What is needed
Only one stretch of the listing below is wanted. Give it again exactly, from the line with "wait_service-runs (signaled ∷" through the line with "unfolding clean_up delete_pidfile".

Material shown

-- ===== src/Service/Clean.antt =====
-- The pid file is there while the service runs, and gone when `start` returns.
use smtp_course_work.Base.{
  ℕ, ◌≡◌, ◌≢◌, inl, inr, refl, sym, ap, ◌∙◌, subst, Bool, true, false, Option, none, some, List, [],
  ◌∷◌, Status, success, failure, Bytes, pos, ◌==◌, arith, Bool-cases,
}
use smtp_course_work.Kernel.{aborts, Call-cases}
use smtp_course_work.Service.{same_path}
use smtp_course_work.Service.Decimal.{pid_line}
use smtp_course_work.Service.PidFile.{
  Host, Daemonized, write_file, OpenReply, opens, no_stream, denied, CloseReply, closes,
  print_fails, close_fails, ForkReply, fork_fails, in_child, in_parent, DaemonReplies, exits_zero,
  goes_on, WaitReply, exited, signaled, interrupted, wait_fails, daemonize, set_sighandler_pid,
  wait_service, close_pidfile, open_pidfile, delete_pidfile,
}
use smtp_course_work.Service.Start.{
  End, results, exits, becomes, waiting, faults, StartReplies, clean_up, in_service, run_service,
  run_daemon, start, after_open, after_daemonize,
}

self : (a : ℕ) → (a == a) ≡ true
self a = ground arith

same_path_refl : (p : Bytes) → same_path p p ≡ true
same_path_refl [] = refl
same_path_refl (c ∷ p) = rw (self c) (same_path_refl p)

pub write_file-same :
    (file : Bytes → Option Bytes) (p : Bytes) (v : Option Bytes) → write_file file p v p ≡ v
write_file-same file p v = rw (same_path_refl p) refl

-- What `start` leaves at the path of its pid file: nothing where it returns, and the number of the process where it
-- goes on beside the service or as the service.
abbrev pub Tidy : Bytes → ℕ → End × Host → Type 0
Tidy p pid (results r, h) = h.file p ≡ none
Tidy p pid (waiting, h) = h.file p ≡ some (pid_line pid)
Tidy p pid (becomes, h) = h.file p ≡ some (pid_line pid)
Tidy p pid (exits n, h) = Unit
Tidy p pid (faults, h) = ⊥

wait_service-runs : (rs : List WaitReply) → wait_service rs ≢ aborts
unfolding wait_service
wait_service-runs [] e = ground (arith, e)
wait_service-runs (interrupted ∷ rs) e = wait_service-runs rs e
wait_service-runs (wait_fails ∷ rs) e = ground (arith, e)
wait_service-runs (signaled ∷ rs) e = ground (arith, e)
wait_service-runs (exited n ∷ rs) e = ground (arith, e)

module _ (resolve : Bytes → Bytes → Bytes) (path p : Bytes)
    (fixed : (d : Bytes) → resolve d path ≡ p) (k : StartReplies) (unlinks : k.unlinks ≡ true) where
  -- the file is there, and the stream, if any, is open on it
  clean_up-Tidy :
      (r : Status) (h : Host) (s : Bytes)
      → h.file p ≡ some s
      → Tidy p k.pid (clean_up resolve k path r h)
  unfolding clean_up delete_pidfile
  clean_up-Tidy r h s e =
      rw (ap h.file (fixed h.cwd) ∙ e, unlinks, clean_up, delete_pidfile)
        (rw (fixed h.cwd) (write_file-same h.file p none))

  child-Tidy :
      (executes : Bool) (h : Host)
      → h.file p ≡ some (pid_line k.pid)
      → Tidy p k.pid (in_service resolve executes, h)
  unfolding in_service
  child-Tidy true h e = e
  child-Tidy false h e = tt

  -- what `run_service` makes of the fork
  forked_lem :
      (f : ForkReply) (h : Host)
      → h.file p ≡ some (pid_line k.pid)
      → Tidy p k.pid (run_service resolve (record k { forked = f }) path h)
  unfolding run_service set_sighandler_pid
  forked_lem fork_fails h e = clean_up-Tidy failure h (pid_line k.pid) e
  forked_lem in_child h e = child-Tidy k.executes h e
  forked_lem (in_parent service) h e = elim (Call-cases (wait_service k.waited)) [
    | inl (r, w) ↦
        rw (w, run_service)
          (clean_up-Tidy r (set_sighandler_pid (pos service) h) (pid_line k.pid) e)
    | inr (inl w) ↦ rw (w, run_service) e
    | inr (inr w) ↦ absurd (wait_service-runs k.waited w)
  ]

  -- the file is there, and the stream is open on it
  abbrev IsOpen : Host → Type 0
  IsOpen h = (h.file p ≡ some []) × (h.fpidfile ≡ some p)

  closed_lem :
      (c : CloseReply) (h : Host)
      → IsOpen h
      → Tidy p k.pid (run_daemon resolve (record k { closing = c; handles = true }) path h)
  unfolding run_daemon close_pidfile
  closed_lem closes h o =
      rw (o.1, run_daemon, close_pidfile)
        (forked_lem k.forked
          (record h { fpidfile = none; file = write_file h.file p (some (pid_line k.pid)) })
          (write_file-same h.file p (some (pid_line k.pid))))
  closed_lem print_fails h o =
      rw (o.1, run_daemon, close_pidfile)
        (clean_up-Tidy failure (record h { fpidfile = none }) [] o.0)
  closed_lem (close_fails bs) h o =
      rw (o.1, run_daemon, close_pidfile)
        (clean_up-Tidy failure (record h { fpidfile = none; file = write_file h.file p (some bs) })
          bs (write_file-same h.file p (some bs)))

  daemon_lem : (h : Host) → IsOpen h → Tidy p k.pid (run_daemon resolve k path h)
  unfolding run_daemon
  daemon_lem h o = elim (Bool-cases k.handles) [
    | inl a ↦
        subst (λ b. Tidy p k.pid (run_daemon resolve (record k { handles = b }) path h)) (sym a)
          (closed_lem k.closing h o)
    | inr a ↦ rw (a, run_daemon) (clean_up-Tidy failure h [] o.0)
  ]

  forked-IsOpen :
      (f : ForkReply) (d : DaemonReplies) (h : Host)
      → IsOpen h
      → IsOpen (daemonize (record d { parent_is_init = false; forked = f }) h).1
  unfolding daemonize
  forked-IsOpen fork_fails d h o = o
  forked-IsOpen (in_parent pid) d h o = o
  forked-IsOpen in_child d h o = elim (Bool-cases d.has_session) [
    | inr a ↦ rw (a, daemonize) o
    | inl a ↦ elim (Bool-cases d.moves) [
      | inl b ↦ rw (a, b, daemonize) o
      | inr b ↦ rw (a, b, daemonize) o
    ]
  ]

  daemonize-IsOpen : (d : DaemonReplies) (h : Host) → IsOpen h → IsOpen (daemonize d h).1
  unfolding daemonize
  daemonize-IsOpen d h o = elim (Bool-cases d.parent_is_init) [
    | inl a ↦ rw (a, daemonize) o
    | inr a ↦ rw a (forked-IsOpen d.forked d h o)
  ]

  after_lem :
      (r : Daemonized × Host)
      → IsOpen r.1
      → Tidy p k.pid (after_daemonize resolve (λ h'. run_daemon resolve k path h') k path r)
  unfolding after_daemonize
  after_lem (exits_zero, h) o = tt
  after_lem (goes_on failure, h) o = clean_up-Tidy failure h [] o.0
  after_lem (goes_on success, h) o = daemon_lem h o

  open_lem :
      (r : OpenReply) (h : Host)
      → h.file p ≡ none
      → r ≢ no_stream
      → Tidy p k.pid (
          after_open resolve
            (λ h'. run_daemon resolve k path h')
            k
            path
            (open_pidfile resolve r path h))
  unfolding open_pidfile after_open
  open_lem denied h absent ok = rw (ap h.file (fixed h.cwd) ∙ absent, open_pidfile) absent
  open_lem no_stream h absent ok = absurd (ok refl)
  open_lem opens h absent ok =
      let q = resolve h.cwd path in
      let h₁ : Host = record h { file = write_file h.file q (some []); fpidfile = some q } in
      rw (ap h.file (fixed h.cwd) ∙ absent, open_pidfile)
        (after_lem (daemonize k.daemon h₁) (
          daemonize-IsOpen k.daemon h₁
            (rw (fixed h.cwd) (write_file-same h.file p (some [])), ap some (fixed h.cwd))))

  -- Where the path of the pid file means the same file from every directory, nothing is there before `start`, `fdopen`
  -- makes its stream and `unlink` is allowed: when `start` returns the file is gone, with every result; and while it
  -- waits for the service the file is there, with the number of the process that waits.
  pub start-Tidy :
      (h : Host) → h.file p ≡ none → k.opening ≢ no_stream → Tidy p k.pid (start resolve k path h)
  unfolding start open_pidfile after_open
  start-Tidy h absent ok = open_lem k.opening h absent ok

Result for this exercise
wait_service-runs (signaled ∷ rs) e = ground (arith, e)
wait_service-runs (exited n ∷ rs) e = ground (arith, e)

module _ (resolve : Bytes → Bytes → Bytes) (path p : Bytes)
    (fixed : (d : Bytes) → resolve d path ≡ p) (k : StartReplies) (unlinks : k.unlinks ≡ true) where
  -- the file is there, and the stream, if any, is open on it
  clean_up-Tidy :
      (r : Status) (h : Host) (s : Bytes)
      → h.file p ≡ some s
      → Tidy p k.pid (clean_up resolve k path r h)
  unfolding clean_up delete_pidfile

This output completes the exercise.